I’d sleep so that I didn’t have to eat and when I woke I’d make sure that I was wearing workout clothes so I could immediately go to the gym and exercise. Going to class seemed like a terrible chore and the only thing I would concentrate on was how I could conserve my energy so I could workout. At my “prime” I would exercise a total of 5-6 hours on a daily basis and then cheer on top of this. For those who make a living from body building or types of body competitions, I know that 5-6 hours may seem like nothing, but for a college student going to class, having practices for two hours, and then working out for 5-6 hours, this was a serious task. One might even say, ‘skill’.
Then on top of that I found out coffee was a great way to help me feel full, so at times I would consume around 20 cups of coffee a day.
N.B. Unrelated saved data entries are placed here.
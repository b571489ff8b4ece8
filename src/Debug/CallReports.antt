-- ===== src/Debug/CallReports.antt =====
-- What a debug connection is told of a call, over all messages that come to its `call_proxy`.
use thespian.Prelude.{
  ℕ, Bool, true, false, List, [], ◌∷◌, ◌++◌, Option, none, some, if◌then◌else◌, bytes_eq,
}
use thespian.Cbor.Result.{Bytes, Result, ok, err, out_of_fuel}
use thespian.Cbor.Match.{Extracted, match_message}
use thespian.Cbor.Dispatch.{only}
use thespian.Actor.Messages.{is_link_msg, is_exit_msg, exit_normal_msg}
use thespian.Actor.Send.{Sent, sent}
use thespian.Debug.CallProxy.{
  CallProxy, Effect, to_connection, cancel_timeout, Ending, returned, answered, timeout_report,
  reply_report, receive,
}

-- What the connection is told.
abbrev pub told : List Effect → List Bytes
told [] = []
told (to_connection m ∷ es) = m ∷ told es
told (cancel_timeout ∷ es) = told es

-- Whether the actor takes another message.
abbrev goes_on : Ending → Bool
goes_on returned = true
goes_on (answered sent) = true
goes_on _ = false

abbrev next : Bool → List Bytes → List Bytes
next true ms = ms
next false ms = []

-- What the connection is told over the messages that come to the proxy, each with the name of its
-- sender. `run` takes link and exit messages, and any exit but "normal" ends the actor.
unfoldable pub reports : Sent → List (Bytes × Bytes) → CallProxy → List Bytes
unfolding receive
reports answer [] p = []
reports answer ((name, m) ∷ ms) p =
    let a = receive answer name m p in
    let unchanged = reports answer ms p in
    let later = reports answer ms a.proxy in
    if is_link_msg m then unchanged else elim (is_exit_msg m) [
      | ok true ↦ if bytes_eq m exit_normal_msg then unchanged else []
      | ok false ↦ told a.effects ++ next (goes_on a.ending) later
      | err e ↦ []
      | out_of_fuel ↦ []
    ]

-- The report of a message that is read.
abbrev pub report_of : ℕ → Bytes × Bytes → Result (Option (List Extracted)) → List Bytes
report_of seq (name, m) (ok (some xs)) = timeout_report seq ∷ []
report_of seq (name, m) (ok none) = reply_report seq name m ∷ []
report_of seq (name, m) (err e) = []
report_of seq (name, m) out_of_fuel = []

-- The report of a call, which the first message decides that `run` hands to the proxy.
unfoldable pub first_report : ℕ → List (Bytes × Bytes) → List Bytes
first_report seq [] = []
first_report seq ((name, m) ∷ ms) =
    let later = first_report seq ms in
    if is_link_msg m then later else elim (is_exit_msg m) [
      | ok true ↦ if bytes_eq m exit_normal_msg then later else []
      | ok false ↦ report_of seq (name, m) (match_message (only "debug_call_timeout") m)
      | err e ↦ []
      | out_of_fuel ↦ []
    ]

-- What `run` makes of a message, over what follows a message that it drops, and what the receiver tells.
abbrev by_run : Bool → Result Bool → Bool → List Bytes → List Bytes → List Bytes
by_run link exit normal later told_now = if link then later else elim exit [
  | ok true ↦ if normal then later else []
  | ok false ↦ told_now
  | err e ↦ []
  | out_of_fuel ↦ []
]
I was miserable, but… hey I looked good right?
The sad thing is, yeah… I felt like I looked good and I wanted to continue looking good, but it came at a terrible price.
I remember folding my clothes in the dorm laundry room and choosing to do so late at night because I was having trouble sleeping. Once I stopped eating I ended up having terrible night terrors and it kept me from wanting to sleep. Reflecting on this fact makes me think this must be a way our body tries to protect itself from starvation.
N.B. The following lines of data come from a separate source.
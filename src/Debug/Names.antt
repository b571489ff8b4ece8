-- ===== src/Debug/Names.antt =====
-- The registry is a finite map: what is looked up is what was registered last.
use thespian.Prelude.{
  ℕ, ◌≡◌, refl, ap, ◌∙◌, Bool, true, false, List, [], ◌∷◌, Option, none, some, if◌then◌else◌,
  Bool-cases, inl, inr, sym,
}
use thespian.Prelude.Tests.{bytes_eq, bytes_eq_refl, bytes_eq_sound}
use thespian.Cbor.Result.{Bytes}
use thespian.Debug.Registry.{
  Registry, bytes_ltb, isenabled, insert, find, register_instance, get_name,
}

-- Two names that are the same as a third one.
same_names :
    (m name n : Bytes) → bytes_eq m name ≡ false → bytes_eq m n ≡ true → bytes_eq name n ≡ false
same_names m name n other e = elim (Bool-cases (bytes_eq name n)) [
  | inl e' ↦
      let same : m ≡ name = bytes_eq_sound m n e ∙ sym (bytes_eq_sound name n e') in
      let all : bytes_eq m name ≡ true = ap (λ l. bytes_eq l name) same ∙ bytes_eq_refl name in
      absurd (cc)
  | inr e' ↦ e'
]

find-insert :
    (name : Bytes) (h : ℕ) (r : List (Bytes × ℕ)) (n : Bytes)
    → find n (insert name h r) ≡ (if bytes_eq name n then some h else find n r)
unfolding find insert
find-insert name h [] n = refl
find-insert name h ((m, g) ∷ r) n = elim (Bool-cases (bytes_eq m name)) [
  | inl e ↦
      let same : m ≡ name = bytes_eq_sound m name e in
      rw (e, same) (twice (bytes_eq name n) (find n r))
  | inr e ↦ rw e (elim (Bool-cases (bytes_ltb name m)) [
    | inl before ↦ rw before refl
    | inr after ↦ rw after (elim (Bool-cases (bytes_eq m n)) [
      | inl here ↦ rw (here, same_names m name n e here) refl
      | inr there ↦ rw there (find-insert name h r n)
    ])
  ])
]
  where
    twice :
        (b : Bool) (o : Option ℕ)
        → (if b then some h else o) ≡ (if b then some h else (if b then some g else o))
    twice true o = refl
    twice false o = refl

-- While debugging is enabled a live instance with a name is registered: its name then stands for it,
-- in place of what it stood for, and every other name for what it stood for before.
pub get_name-register_instance :
    (name : Bytes) (h : ℕ) (r : Registry) (n : Bytes)
    → isenabled r ≡ true
    → bytes_eq name [] ≡ false
    → get_name n (register_instance (some name) h r) ≡ (if bytes_eq name n then h else get_name n r)
unfolding get_name register_instance bytes_eq
get_name-register_instance [] h r n on named = cc
get_name-register_instance (x ∷ xs) h r n on named =
    rw (on, register_instance)
      (ap handle_of (find-insert (x ∷ xs) h r.registry n) ∙ by_name (bytes_eq (x ∷ xs) n))
  where
    handle_of : Option ℕ → ℕ
    handle_of o = elim o [ none ↦ 0 | some h ↦ h ]

    by_name :
        (b : Bool)
        → handle_of (if b then some h else find n r.registry)
          ≡ (if b then h else handle_of (find n r.registry))
    by_name true = refl
    by_name false = refl
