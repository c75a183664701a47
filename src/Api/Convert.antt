-- ===== src/Api/Convert.antt =====
-- internal/connectapi/conv.go: between the documents of the store and the messages of
-- src/pkg/proto/neoline/v1, which are records here. A timestamp is a count of nanoseconds, a nil message is
-- `none`, and a document whose time is Go's zero time, here 0, has no timestamp.
use neo_line.Prelude.{ℕ, zero, suc, Bool, false, String, Option, none, some, List, []}
use neo_line.Monitoring.Types.{
  ServerSsh, Server, CertificateInfo, Monitor, AlertChannel, AlertPolicy,
}

unfoldable pub time_to_ts : ℕ → Option ℕ
time_to_ts zero = none
time_to_ts (suc t) = some (suc t)

unfoldable pub ts_to_time : Option ℕ → ℕ
ts_to_time none = 0
ts_to_time (some t) = t

pub record ServerMessage : Type 0 where
  pub id : String
  pub name : String
  pub host : String
  pub environment : String
  pub region : String
  pub tags : List String
  pub sort_order : ℕ
  pub enabled : Bool
  pub health_status : String
  pub last_status_change_at : Option ℕ
  pub last_check_at : Option ℕ
  pub created_at : Option ℕ
  pub updated_at : Option ℕ
  pub ssh : Option ServerSsh

pub record CertificateMessage : Type 0 where
  pub subject : String
  pub issuer : String
  pub dns_names : List String
  pub serial_number : String
  pub not_before : Option ℕ
  pub not_after : Option ℕ
  pub days_remaining : ℕ

pub record MonitorMessage : Type 0 where
  pub id : String
  pub server_id : String
  pub group_ids : List String
  pub name : String
  pub kind : String
  pub enabled : Bool
  pub host : String
  pub port : ℕ
  pub url : String
  pub method : String
  pub path : String
  pub headers : List (String × String)
  pub expected_status_codes : String
  pub tls_verify : Bool
  pub sni_name : String
  pub warning_days : ℕ
  pub critical_days : ℕ
  pub interval_seconds : ℕ
  pub timeout_seconds : ℕ
  pub retries : ℕ
  pub status : String
  pub last_check_at : Option ℕ
  pub last_status_change_at : Option ℕ
  pub certificate : Option CertificateMessage
  pub created_at : Option ℕ
  pub updated_at : Option ℕ

pub record MonitorGroupMessage : Type 0 where
  pub id : String
  pub name : String
  pub description : String
  pub sort_order : ℕ
  pub alert_policy : Option AlertPolicy
  pub created_at : Option ℕ
  pub updated_at : Option ℕ

pub record NotifyGroupMessage : Type 0 where
  pub id : String
  pub name : String
  pub description : String
  pub channels : List AlertChannel
  pub created_at : Option ℕ
  pub updated_at : Option ℕ

unfoldable pub server_to_proto : Server → ServerMessage
unfolding time_to_ts
server_to_proto s = record {
  id = s.id;
  name = s.name;
  host = s.host;
  environment = s.environment;
  region = s.region;
  tags = s.tags;
  sort_order = s.sort_order;
  enabled = s.enabled;
  health_status = s.health_status;
  last_status_change_at = time_to_ts s.last_status_change_at;
  last_check_at = time_to_ts s.last_check_at;
  created_at = time_to_ts s.created_at;
  updated_at = time_to_ts s.updated_at;
  ssh = s.ssh;
}

abbrev pub no_server : Server
no_server = record {
  id = "";
  name = "";
  host = "";
  environment = "";
  region = "";
  tags = [];
  sort_order = 0;
  enabled = false;
  health_status = "";
  last_status_change_at = 0;
  last_check_at = 0;
  ssh = none;
  created_at = 0;
  updated_at = 0;
}

unfoldable pub server_from_proto : Option ServerMessage → Server
server_from_proto none = no_server
server_from_proto (some p) = record no_server {
  id = p.id;
  name = p.name;
  host = p.host;
  environment = p.environment;
  region = p.region;
  tags = p.tags;
  sort_order = p.sort_order;
  enabled = p.enabled;
  ssh = p.ssh;
}

unfoldable pub cert_to_proto : Option CertificateInfo → Option CertificateMessage
unfolding time_to_ts
cert_to_proto none = none
cert_to_proto (some c) = some record {
  subject = c.subject;
  issuer = c.issuer;
  dns_names = c.dns_names;
  serial_number = c.serial_number;
  not_before = time_to_ts c.not_before;
  not_after = time_to_ts c.not_after;
  days_remaining = c.days_remaining;
}

unfoldable pub monitor_to_proto : Monitor → MonitorMessage
unfolding time_to_ts cert_to_proto
monitor_to_proto m = record {
  id = m.id;
  server_id = m.server_id;
  group_ids = m.group_ids;
  name = m.name;
  kind = m.kind;
  enabled = m.enabled;
  host = m.host;
  port = m.port;
  url = m.url;
  method = m.method;
  path = m.path;
  headers = m.headers;
  expected_status_codes = m.expected_status_codes;
  tls_verify = m.tls_verify;
  sni_name = m.sni_name;
  warning_days = m.warning_days;
  critical_days = m.critical_days;
  interval_seconds = m.interval_seconds;
  timeout_seconds = m.timeout_seconds;
  retries = m.retries;
  status = m.status;
  last_check_at = time_to_ts m.last_check_at;
  last_status_change_at = time_to_ts m.last_status_change_at;
  certificate = cert_to_proto m.certificate;
  created_at = time_to_ts m.created_at;
  updated_at = time_to_ts m.updated_at;
}

abbrev pub no_monitor : Monitor
no_monitor = record {
  id = "";
  server_id = "";
  group_ids = [];
  name = "";
  kind = "";
  enabled = false;
  host = "";
  port = 0;
  url = "";
  method = "";
  path = "";
  headers = [];
  expected_status_codes = "";
  tls_verify = false;
  sni_name = "";
  warning_days = 0;
  critical_days = 0;
  interval_seconds = 0;
  timeout_seconds = 0;
  retries = 0;
  status = "";
  last_check_at = 0;
  last_status_change_at = 0;
  certificate = none;
  created_at = 0;
  updated_at = 0;
}

unfoldable pub monitor_from_proto : Option MonitorMessage → Monitor
monitor_from_proto none = no_monitor
monitor_from_proto (some p) = record no_monitor {
  id = p.id;
  server_id = p.server_id;
  group_ids = p.group_ids;
  name = p.name;
  kind = p.kind;
  enabled = p.enabled;
  host = p.host;
  port = p.port;
  url = p.url;
  method = p.method;
  path = p.path;
  headers = p.headers;
  expected_status_codes = p.expected_status_codes;
  tls_verify = p.tls_verify;
  sni_name = p.sni_name;
  warning_days = p.warning_days;
  critical_days = p.critical_days;
  interval_seconds = p.interval_seconds;
  timeout_seconds = p.timeout_seconds;
  retries = p.retries;
}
My exhaustion had completely overwhelmed me – I just wanted to rest. My hands fell to my sides still holding onto an unfolded t-shirt and my head rested face down on top of the dryer. My body ready to collapse from the stress I was putting it under, but just then someone saw me and asked if I was alright.
I jumped to my feet and of course replied in a peppy voice, “Yeah! Just a little tired!”
I was so embarrassed, but they couldn’t have known what was going on… or so I thought. It was such a strange place to be in – wanting to hide and show off at the same time. A new body, but a deep secret.
The person who had asked if I was ok had pulled me aside a few months after this and shared her struggle with anorexia… I acted like I had no idea what she was talking about… like we had nothing in common…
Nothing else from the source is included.